そもそもGoogle社に特化したものではなく、多国籍企業全般に対するものなのですが、外国企業との取引において約250億円の税収をロスしており、そのうち133億円とGoogle社の税収推定額がもっとも多かったことから、グーグル税と呼ばれるようになりました。

イギリスではグーグル税の正式名称はDiverted Profit Tax(迂回された利益に課税するの意味)と呼ばれています。

なぜGoogle(グーグル)税は作られたのか

多国籍企業が講じている節税対策は、合法的ではあるものの、不当行為であるという見方があります。これは法に反しているわけではないが、企業活動を行なう上で正当行為ではないという考え方に基づいています。イギリスではこういった考え方を「倫理が欠如している」と表現し、多国籍企業から税徴収するための法律の必要性が検討され、議会で可決されたのです。
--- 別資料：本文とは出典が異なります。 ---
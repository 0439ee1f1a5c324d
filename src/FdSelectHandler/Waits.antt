-- ===== src/FdSelectHandler/Waits.antt =====
-- A whole call of `waitOn`, over the list of the handlers of a chain.
use slirp4tinc.Prelude.{
  ℕ, zero, suc, ◌+◌, ◌<◌, ◌≡◌, refl, ap, ◌∙◌, Bool, true, false, Option, List, [], ◌∷◌, arith,
  length, count, eq→==, ne→==,
}
use mathlib.Core.Path.{subst}
use slirp4tinc.Prelude.Int.{ℤ, pos, negsuc}
use slirp4tinc.Prelude.Run.{Run, ok, ◌>>=◌, >>=-eq-ok, ok-injective, same-bind}
use slirp4tinc.Daemon.Os.{Sys, done, fail}
use slirp4tinc.FdSelectHandler.{
  Links, Client, Sets, next_of, fd_set_if, collect_one, collect_loop, dispatch_loop, after_pselect,
  wait_on, relative_wait, Timeout,
}
use slirp4tinc.FdSelectHandler.Neighbours.{first, after, IsUnique, tail-IsUnique}
use slirp4tinc.FdSelectHandler.Chain.{IsChain}
use slirp4tinc.FdSelectHandler.Dispatch.{
  KeepsOthers, Follows, dispatch_all, Follows-later, dispatch_loop_lem,
}

-- Neighbours in a chain are linked.
module _ {W : Type 0} (client : Client W) (w : W) where
  after-Follows :
      (l : List ℕ)
      → IsUnique l
      → ((i : ℕ) → 0 < count i l → next_of client w i ≡ after l i)
      → Follows client w l
  after-Follows [] u linked = tt
  after-Follows (h ∷ l) u linked = (
    linked h (ground arith) ∙ rw (eq→== h h refl) refl,
    after-Follows l (tail-IsUnique h l u) (λ i m.
        linked i (ground (arith, m)) ∙ rw (ne→== h i (λ e. ground (arith, u i, m, e))) refl),
  )

  pub IsChain-Follows : (c : ℕ) (l : List ℕ) → IsChain (client.handlers w) c l → Follows client w l
  IsChain-Follows c l chained =
      after-Follows l chained.unique (λ i m. ap (λ (k : Links). k.next) (chained.each i m))

module _ {W : Type 0} (client : Client W) where
  -- Each handler of the list is asked for its descriptor and adds it to the sets.
  unfoldable pub collect_all : ℕ → Sets client → List ℕ → W → Run (Sets client × W)
  collect_all size sets [] w = ok (sets, w)
  collect_all size sets (h ∷ l) w = do
    answer ← client.fd h w
    (sets', w') ← collect_one client size sets answer
    collect_all size sets' l w'

  -- What `pselect` answers, and the work that it leads to.
  pub answer_all : ℕ → List ℕ → Sys (ℕ × List ℕ × List ℕ) → W → Run (Bool × W)
  answer_all size l (fail e) w = ok (false, w)
  answer_all size l (done (zero, read_set, write_set)) w = ok (false, w)
  answer_all size l (done (suc n, read_set, write_set)) w = do
    w' ← dispatch_all client size read_set write_set l w
    ok (true, w')

  -- A call for the handlers of the list: it collects their descriptors, waits if there is one, and
  -- goes through them again if one is ready.
  pub wait_all :
      ℕ
      → (Timeout → ℕ → List ℕ → List ℕ → Sys (ℕ × List ℕ × List ℕ))
      → (ℕ × ℕ → Sys (Unit {0}))
      → Timeout
      → List ℕ
      → W
      → Run (Bool × W)
  unfolding collect_all answer_all
  wait_all size pselect nanosleep timeout l w = do
    ((fd_max, read_set, write_set), w') ← collect_all size (negsuc 0, [], []) l w
    elim fd_max [
      | negsuc n ↦ relative_wait client nanosleep timeout w'
      | pos m ↦ answer_all size l (pselect timeout (m + 1) read_set write_set) w'
    ]

  collect_one-state :
      (size : ℕ) (sets sets' : Sets client) (d : ℤ) (for_read for_write : Bool) (w w' : W)
      → collect_one client size sets (d, for_read, for_write, w) ≡ ok (sets', w')
      → w ≡ w'
  unfolding collect_one
  collect_one-state size sets sets' (negsuc n) for_read for_write w w' e =
      ap (λ (r : Sets client × W). r.1) (ok-injective e)
  collect_one-state size (fd_max, read_set, write_set) sets' (pos fd) for_read for_write w w' e =
      let (rs, e1, e2) = >>=-eq-ok (fd_set_if size for_read fd read_set) _ e in
      let (ws, e3, e4) = >>=-eq-ok (fd_set_if size for_write fd write_set) _ e2 in
      ap (λ (r : Sets client × W). r.1) (ok-injective e4)

  module _ (keeps : KeepsOthers client) (c : ℕ)
      (keeps_chain : (h : ℕ) (w w' : W) (d : ℤ) (for_read for_write : Bool)
        → client.fd h w ≡ ok (d, for_read, for_write, w')
        → (client.handlers w').chains c ≡ (client.handlers w).chains c) where
    -- The links to next handlers and the chain are as before.
    abbrev Leaves : W → W → Type 0
    Leaves w w' =
        ((i : ℕ) → next_of client w' i ≡ next_of client w i)
        × ((client.handlers w').chains c ≡ (client.handlers w).chains c)

    Leaves-pass :
        (size h : ℕ) (sets : Sets client) (answer : ℤ × Bool × Bool × W) (r : Sets client × W)
        (w : W)
        → client.fd h w ≡ ok answer
        → collect_one client size sets answer ≡ ok r
        → Leaves w r.1
    Leaves-pass size h sets (d, for_read, for_write, w1) (sets', w') w asked collected =
        subst (Leaves w) (collect_one-state size sets sets' d for_read for_write w1 w' collected) (
          λ i. keeps.fd h i w w1 d for_read for_write asked,
          keeps_chain h w w1 d for_read for_write asked,
        )

    pub collect_loop_lem :
        (size : ℕ) (l : List ℕ) (fuel : ℕ) (sets : Sets client) (w : W)
        → Follows client w l
        → length l < fuel
        → collect_loop client fuel size (first l) sets w ≡ collect_all size sets l w
    unfolding collect_loop collect_all
    collect_loop_lem size l zero sets w f enough = absurd (omega (arith, enough))
    collect_loop_lem size [] (suc fuel) sets w f enough = refl
    collect_loop_lem size (h ∷ l) (suc fuel) sets w f enough =
        same-bind (client.fd h w) _ _ (λ answer asked.
          same-bind (collect_one client size sets answer) _ _ (λ r collected.
            let leaves = Leaves-pass size h sets answer r w asked collected in
            ap (λ (k : Option ℕ). collect_loop client fuel size k r.0 r.1) (leaves.0 h ∙ f.0)
            ∙ collect_loop_lem size l fuel r.0 r.1
                (Follows-later client keeps 0 [] [] l w r.1 (λ i m. leaves.0 i) f.1)
                (omega (arith, enough))))

    collect_all-Leaves :
        (size : ℕ) (l : List ℕ) (sets : Sets client) (w : W) (r : Sets client × W)
        → collect_all size sets l w ≡ ok r
        → Leaves w r.1
    unfolding collect_all
    collect_all-Leaves size [] sets w r e =
        subst (λ (t : Sets client × W). Leaves w t.1) (ok-injective e) ((λ i. refl), refl)
    collect_all-Leaves size (h ∷ l) sets w r e =
        let (answer, asked, e1) = >>=-eq-ok (client.fd h w) _ e in
        let (q, collected, e2) = >>=-eq-ok (collect_one client size sets answer) _ e1 in
        let first_pass = Leaves-pass size h sets answer q w asked collected in
        let others = collect_all-Leaves size l q.0 q.1 r e2 in
        ((λ i. others.0 i ∙ first_pass.0 i), others.1 ∙ first_pass.1)

    answer_lem :
        (size : ℕ) (l : List ℕ) (fuel : ℕ) (answer : Sys (ℕ × List ℕ × List ℕ)) (w : W)
        → (client.handlers w).chains c ≡ first l
        → IsUnique l
        → Follows client w l
        → length l < fuel
        → after_pselect client size fuel c answer w ≡ answer_all size l answer w
    unfolding after_pselect answer_all
    answer_lem size l fuel (fail e) w head u f enough = refl
    answer_lem size l fuel (done (zero, read_set, write_set)) w head u f enough = refl
    answer_lem size l fuel (done (suc n, read_set, write_set)) w head u f enough =
        ap (λ (r : Run W). r >>= λ w'. ok (true, w'))
          (ap (λ (k : Option ℕ). dispatch_loop client size fuel read_set write_set k w) head
            ∙ dispatch_loop_lem client keeps size read_set write_set l fuel w u f enough)

    -- If the handlers change no links to next handlers but their own, and `fd` leaves the chain, then
    -- `waitOn` of a doubly linked chain, with fuel for one pass more than it has handlers, asks
    -- each handler once and in order for its descriptor and its flags, gives the sets to `pselect` if
    -- there is a descriptor, and, if one is ready, makes one more pass for each handler in order. It
    -- has done work exactly in that case. Without a descriptor it sleeps, if there is a timeout.
    pub wait_on_lem :
        (size : ℕ) (pselect : Timeout → ℕ → List ℕ → List ℕ → Sys (ℕ × List ℕ × List ℕ))
        (nanosleep : ℕ × ℕ → Sys (Unit {0})) (timeout : Timeout) (l : List ℕ) (fuel : ℕ) (w : W)
        → IsChain (client.handlers w) c l
        → length l < fuel
        → wait_on client fuel size pselect nanosleep timeout c w
          ≡ wait_all size pselect nanosleep timeout l w
    unfolding wait_on wait_all
    wait_on_lem size pselect nanosleep timeout [] fuel w chained enough =
        rw (wait_on, chained.head) refl
    wait_on_lem size pselect nanosleep timeout (h ∷ l) fuel w chained enough =
        rw (wait_on, chained.head)
          (ap (λ (r : Run (Sets client × W)). r >>= rest)
              (collect_loop_lem size (h ∷ l) fuel (negsuc 0, [], []) w
                (IsChain-Follows client w c (h ∷ l) chained) enough)
            ∙ same-bind (collect_all size (negsuc 0, [], []) (h ∷ l) w) rest _
                (λ r e. go r.0 r.1 (collect_all-Leaves size (h ∷ l) (negsuc 0, [], []) w r e)))
      where
        rest : Sets client × W → Run (Bool × W)
        rest ((fd_max, read_set, write_set), w') = elim fd_max [
          | negsuc n ↦ relative_wait client nanosleep timeout w'
          | pos m ↦ after_pselect client size fuel c (pselect timeout (m + 1) read_set write_set) w'
        ]

        go :
            (sets : Sets client) (w' : W)
            → Leaves w w'
            → rest (sets, w') ≡ elim sets.0 [
              | negsuc n ↦ relative_wait client nanosleep timeout w'
              | pos m ↦ answer_all size (h ∷ l) (pselect timeout (m + 1) sets.1 sets.2) w'
            ]
        go (negsuc n, read_set, write_set) w' leaves = refl
        go (pos m, read_set, write_set) w' leaves =
            answer_lem size (h ∷ l) fuel (pselect timeout (m + 1) read_set write_set) w'
              (leaves.1 ∙ chained.head) chained.unique
              (Follows-later client keeps 0 [] [] (h ∷ l) w w' (λ i m. leaves.0 i)
                (IsChain-Follows client w c (h ∷ l) chained))
              enough
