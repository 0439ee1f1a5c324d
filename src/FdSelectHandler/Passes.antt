-- ===== src/FdSelectHandler/Passes.antt =====
-- The passes of the loops of `waitOn`, one by one.
use slirp4tinc.Prelude.{
  ℕ, suc, ◌+◌, ◌≡◌, refl, ap, Bool, true, ◌||◌, if◌then◌else◌, Option, none, some, List, [], ◌∷◌,
  ◌<◌, ltb, lt→ltb, false, Bool-cases, inl, inr, has, ◌&&◌, zero,
}
use slirp4tinc.Prelude.Int.{ℤ, pos, negsuc}
use slirp4tinc.Prelude.Run.{ok}
use slirp4tinc.Daemon.Os.{Sys, done, fail}
use slirp4tinc.FdSelectHandler.{
  Client, Sets, next_of, max_fd, fd_isset_if, collect_one, collect_loop, dispatch_loop,
  after_pselect, wait_on, Timeout,
}

and_true : (t : Bool) → t && true ≡ t
and_true true = refl
and_true false = refl

and_false : (t : Bool) → t && false ≡ false
and_false true = refl
and_false false = refl

pub fd_isset_if_lem :
    (size : ℕ) (flag : Bool) (fd : ℕ) (fds : List ℕ)
    → fd < size
    → fd_isset_if size flag (pos fd) fds ≡ ok (has fd fds && flag)
fd_isset_if_lem size true fd fds less = rw (and_true (has fd fds), lt→ltb fd size less) refl
fd_isset_if_lem size false fd fds less = rw (and_false (has fd fds)) refl

module _ {W : Type 0} (client : Client W) where
  -- What a handler adds to the sets.
  pub collect_one_lem :
      (size fd : ℕ) (fd_max : ℤ) (read_set write_set : List ℕ) (for_read for_write : Bool) (w : W)
      → fd < size
      → collect_one client size (fd_max, read_set, write_set) (pos fd, for_read, for_write, w)
        ≡ ok (
          (
            max_fd fd_max fd,
            if for_read then fd ∷ read_set else read_set,
            if for_write then fd ∷ write_set else write_set,
          ),
          w,
        )
  unfolding collect_one
  collect_one_lem size fd fd_max read_set write_set true true w less = rw (lt→ltb fd size less) refl
  collect_one_lem size fd fd_max read_set write_set true false w less =
      rw (lt→ltb fd size less) refl
  collect_one_lem size fd fd_max read_set write_set false true w less =
      rw (lt→ltb fd size less) refl
  collect_one_lem size fd fd_max read_set write_set false false w less = refl

  pub collect_loop-some :
      (fuel size h : ℕ) (next : Option ℕ) (sets sets' : Sets client) (w w' : W)
      (answer : ℤ × Bool × Bool × W)
      → client.fd h w ≡ ok answer
      → collect_one client size sets answer ≡ ok (sets', w')
      → next_of client w' h ≡ next
      → collect_loop client (suc fuel) size (some h) sets w
        ≡ collect_loop client fuel size next sets' w'
  unfolding collect_loop
  collect_loop-some fuel size h next sets sets' w w' answer asked collected linked =
      rw (asked, collected) (ap (λ (k : Option ℕ). collect_loop client fuel size k sets' w') linked)

  pub collect_loop-none :
      (fuel size : ℕ) (sets : Sets client) (w : W)
      → collect_loop client (suc fuel) size none sets w ≡ ok (sets, w)
  unfolding collect_loop
  collect_loop-none fuel size sets w = refl

  pub dispatch_loop-some :
      (size fuel h : ℕ) (next : Option ℕ) (read_set write_set : List ℕ) (w w1 w2 : W) (fd : ℤ)
      (for_read for_write readable writable : Bool)
      → client.fd h w ≡ ok (fd, for_read, for_write, w1)
      → fd_isset_if size for_read fd read_set ≡ ok readable
      → fd_isset_if size for_write fd write_set ≡ ok writable
      → (if readable || writable then client.execute h readable writable w1 else ok w1) ≡ ok w2
      → next_of client w1 h ≡ next
      → dispatch_loop client size (suc fuel) read_set write_set (some h) w
        ≡ dispatch_loop client size fuel read_set write_set next w2
  unfolding dispatch_loop
  dispatch_loop-some size fuel h next read_set write_set w w1 w2 fd for_read for_write readable
        writable asked can_read can_write executed linked =
      rw (asked, can_read, can_write, executed)
        (ap (λ (k : Option ℕ). dispatch_loop client size fuel read_set write_set k w2) linked)

  pub dispatch_loop-none :
      (size fuel : ℕ) (read_set write_set : List ℕ) (w : W)
      → dispatch_loop client size (suc fuel) read_set write_set none w ≡ ok w
  unfolding dispatch_loop
  dispatch_loop-none size fuel read_set write_set w = refl

  pub wait_on-collected :
      (fuel size c h m : ℕ) (pselect : Timeout → ℕ → List ℕ → List ℕ → Sys (ℕ × List ℕ × List ℕ))
      (nanosleep : ℕ × ℕ → Sys (Unit {0})) (timeout : Timeout) (read_set write_set : List ℕ)
      (w w1 : W)
      → (client.handlers w).chains c ≡ some h
      → collect_loop client fuel size (some h) (negsuc 0, [], []) w
        ≡ ok ((pos m, read_set, write_set), w1)
      → wait_on client fuel size pselect nanosleep timeout c w
        ≡ after_pselect client size fuel c (pselect timeout (m + 1) read_set write_set) w1
  unfolding wait_on
  wait_on-collected fuel size c h m pselect nanosleep timeout read_set write_set w w1 head
        collected =
      rw (wait_on, head, collected) refl

  -- `pselect` fails, or finds nothing.
  pub after_pselect-fail :
      (size fuel c e : ℕ) (w : W) → after_pselect client size fuel c (fail e) w ≡ ok (false, w)
  unfolding after_pselect
  after_pselect-fail size fuel c e w = refl

  pub after_pselect-none :
      (size fuel c : ℕ) (read_set write_set : List ℕ) (w : W)
      → after_pselect client size fuel c (done (zero, read_set, write_set)) w ≡ ok (false, w)
  unfolding after_pselect
  after_pselect-none size fuel c read_set write_set w = refl

  pub after_pselect-done :
      (size fuel c k h : ℕ) (read_set write_set : List ℕ) (w w' : W)
      → (client.handlers w).chains c ≡ some h
      → dispatch_loop client size fuel read_set write_set (some h) w ≡ ok w'
      → after_pselect client size fuel c (done (suc k, read_set, write_set)) w ≡ ok (true, w')
  unfolding after_pselect
  after_pselect-done size fuel c k h read_set write_set w w' head dispatched =
      rw (head, dispatched) refl

pub max_fd_lem : (m fd : ℕ) → max_fd (pos m) fd ≡ pos (if ltb m fd then fd else m)
max_fd_lem m fd = elim (Bool-cases (ltb m fd)) [ inl e ↦ rw e refl | inr e ↦ rw e refl ]
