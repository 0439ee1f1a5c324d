-- ===== src/FdSelectHandler/Bounds.antt =====
-- The descriptors that `waitOn` gives to `pselect`.
use slirp4tinc.Prelude.{ℕ, ◌+◌, ◌<◌, ◌≤◌, List, count}
use slirp4tinc.Prelude.Int.{ℤ, pos, negsuc}
use slirp4tinc.Prelude.Run.{Returns}
use slirp4tinc.FdSelectHandler.{Client, Sets}

abbrev pub IsAtMost : ℕ → ℤ → Type 0
IsAtMost d (pos m) = d ≤ m
IsAtMost d (negsuc n) = ⊥

abbrev pub IsDescriptor : ℕ → ℤ → Type 0
IsDescriptor size (pos d) = d < size
IsDescriptor size (negsuc n) = Unit

module _ {W : Type 0} (client : Client W) (size : ℕ) where
  -- `fdMax` is not below a descriptor of one of the sets.
  abbrev pub Covers : Sets client → Type 0
  Covers (fd_max, read_set, write_set) =
      (d : ℕ) → 0 < count d read_set + count d write_set → IsAtMost d fd_max

  -- Every handler of the list answers, with a descriptor below FD_SETSIZE or a negative number.
  abbrev pub AnswerAll : List ℕ → Type 0
  AnswerAll l =
      (h : ℕ)
      → 0 < count h l
      → (w : W) → Returns (λ answer. IsDescriptor size answer.0) (client.fd h w)
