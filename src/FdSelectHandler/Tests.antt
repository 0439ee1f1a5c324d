-- ===== src/FdSelectHandler/Tests.antt =====
-- A chain of two handlers.
use slirp4tinc.Prelude.{
  ℕ, ◌≡◌, refl, sym, ap, Bool, true, false, none, some, List, [], ◌∷◌, ◌++◌, arith,
}
use slirp4tinc.Prelude.Int.{ℤ, pos}
use slirp4tinc.Prelude.Run.{ok, ok-injective}
use slirp4tinc.FdSelectHandler.{
  Handlers, unlinked, Client, next_of, add_to, remove_from_chain, wait_on, Timeout,
}
use slirp4tinc.FdSelectHandler.Chain.{IsChain, add_to_lem, remove_from_chain_lem}
use slirp4tinc.FdSelectHandler.Dispatch.{KeepsOthers}
use slirp4tinc.FdSelectHandler.Waits.{wait_all, wait_on_lem}
use slirp4tinc.Daemon.Os.{Sys, done}

abbrev nothing : Handlers
nothing = record { links = λ i. unlinked; chains = λ c. none }

nothing-IsChain : IsChain nothing 5 []
nothing-IsChain = record {
  unique = λ i. omega arith;
  head = refl;
  each = λ i m. absurd (omega (arith, m));
}

one-IsChain : IsChain (add_to 1 5 nothing) 5 (1 ∷ [])
one-IsChain = add_to_lem nothing 5 1 [] nothing-IsChain refl

two-IsChain : IsChain (add_to 2 5 (add_to 1 5 nothing)) 5 (2 ∷ 1 ∷ [])
two-IsChain = add_to_lem (add_to 1 5 nothing) 5 2 (1 ∷ []) one-IsChain refl

add_to_lem_example : IsChain (add_to 2 5 (add_to 1 5 nothing)) 5 (2 ∷ 1 ∷ [])
add_to_lem_example = add_to_lem (add_to 1 5 nothing) 5 2 (1 ∷ []) one-IsChain refl

remove_from_chain_lem_example :
    IsChain (remove_from_chain 1 (add_to 2 5 (add_to 1 5 nothing))) 5 (2 ∷ [])
    × ((remove_from_chain 1 (add_to 2 5 (add_to 1 5 nothing))).links 1 ≡ unlinked)
remove_from_chain_lem_example =
    remove_from_chain_lem (add_to 2 5 (add_to 1 5 nothing)) 5 1 (2 ∷ 1 ∷ []) two-IsChain
      (omega arith)

-- Handlers whose descriptor is their number, that wait for reading, and note that they were executed.
abbrev noting : Client (Handlers × List ℕ)
noting = record {
  handlers = λ w. w.0;
  fd = λ h w. ok (pos h, true, false, w);
  execute = λ h readable writable w. ok (w.0, w.1 ++ h ∷ []);
}

noting-KeepsOthers : KeepsOthers noting
noting-KeepsOthers = record {
  fd = λ h i w w' d r x e.
      ap (λ (t : ℤ × Bool × Bool × (Handlers × List ℕ)). next_of noting t.3 i)
        (sym (ok-injective e));
  execute =
      λ h i r x w w' e n. ap (λ (t : Handlers × List ℕ). next_of noting t i) (sym (ok-injective e));
}

abbrev started : Handlers × List ℕ
started = (add_to 2 5 (add_to 1 5 nothing), [])

noting-chain :
    (h : ℕ) (w w' : Handlers × List ℕ) (d : ℤ) (for_read for_write : Bool)
    → noting.fd h w ≡ ok (d, for_read, for_write, w')
    → (noting.handlers w').chains 5 ≡ (noting.handlers w).chains 5
noting-chain h w w' d r x e =
    ap (λ (t : ℤ × Bool × Bool × (Handlers × List ℕ)). t.3.0.chains 5) (sym (ok-injective e))

-- All descriptors that are asked for are ready.
abbrev all_ready : Timeout → ℕ → List ℕ → List ℕ → Sys (ℕ × List ℕ × List ℕ)
all_ready timeout n read_set write_set = done (2, read_set, write_set)

wait_on_lem_example :
    wait_on noting 3 8 all_ready (λ t. done tt) (some (1, 0)) 5 started
    ≡ wait_all noting 8 all_ready (λ t. done tt) (some (1, 0)) (2 ∷ 1 ∷ []) started
wait_on_lem_example =
    wait_on_lem noting noting-KeepsOthers 5 noting-chain 8 all_ready (λ t. done tt) (some (1, 0))
      (2 ∷ 1 ∷ []) 3 started two-IsChain (omega arith)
またイギリスでは「企業が不適切に低税率国に資本を動かしたかどうか」を税徴収するボーダーラインとし、具体的なガイドラインや基準の作成は各国政府に委ねられている形になっているのが現状です。

日本でもGoogle(グーグル)税はあり得るのか?

現在の日本の取り組み

日本の法人税法も、毎年様々な改正が行われていますが、急速にグローバル化、ボーダーレス化される経済活動に対応できていない部分もあります。法人税法の国際的な統一基準を設けることも検討すべきではないでしょうか。

また日本においては、

・租税徴収において公平・中立・簡素を基軸としていること
・超高齢化社会への突入に伴い、税源確保が緊急課題である点

から、多国籍企業への租税対策は重要な問題になりつつあり、向こう2~3年内には何らかの対策が講じられるものと考えられています。

もしも日本がGoogle(グーグル)税を導入するとしたら

実際にGoogle社はスペインでの著作権に係る法改正の影響を受けて、GoogleNewsスペイン版の閉鎖を決定しました。この改正は税金が新たに課されるものではないものの、これまで無料であった各記事の著作元に対する使用料の支払いを強制されることとなりました。GoogleNewsは広告収入を得るものではないため、使用料を支払うのであればサービスの提供そのものを停止せざるを得ないという判断になったようです。

多国籍企業に対しグーグル税を納めるシステムが日本国内で制定されてしまったら、GoogleやAmazon、Appleが日本から撤退するというシナリオも考えられなくはありません。実際にAmazon社は日本の法人税を納めておらず、国税庁から追徴課税140億円を請求されましたが、日米当局間の協議によりその請求が退けられています。

企業のグローバル化が進むにつれて、今後個別に対応していくことはますます困難となり、日本でも法人税法の見直しが必要な局面を迎えています。

まとめ

合法的に節税対策を行なっている多国籍企業に対して納税を課すことで、納税するくらいなら撤退するという選択は、あり得ない話ではありません。撤退した場合、日本においてサービスの利用ができなくなることや、経済活動が一時的に停滞することが考えられます。

一度、多国籍企業が展開するサービス提供が凍結されてしまうと、日本の経済活動が一時的に後退することも考えられます。しかしながら、これをきっかけに新たなサービスを提供するドメスティック企業が出てきたり、既存のサービスが拡充される可能性もあるでしょう。

グローバル化が進む現代において多国籍企業が各国の市場から完全に手を引くことは、考えにくく、最後は各国政府と折り合いをつける形になると思われます。しかし、国際的に統一した徴収システムやガイドラインを定めなければ、多国籍企業と各国政府との争いは、永遠に続くことになるでしょう。

※掲載している情報は記事更新時点のものです。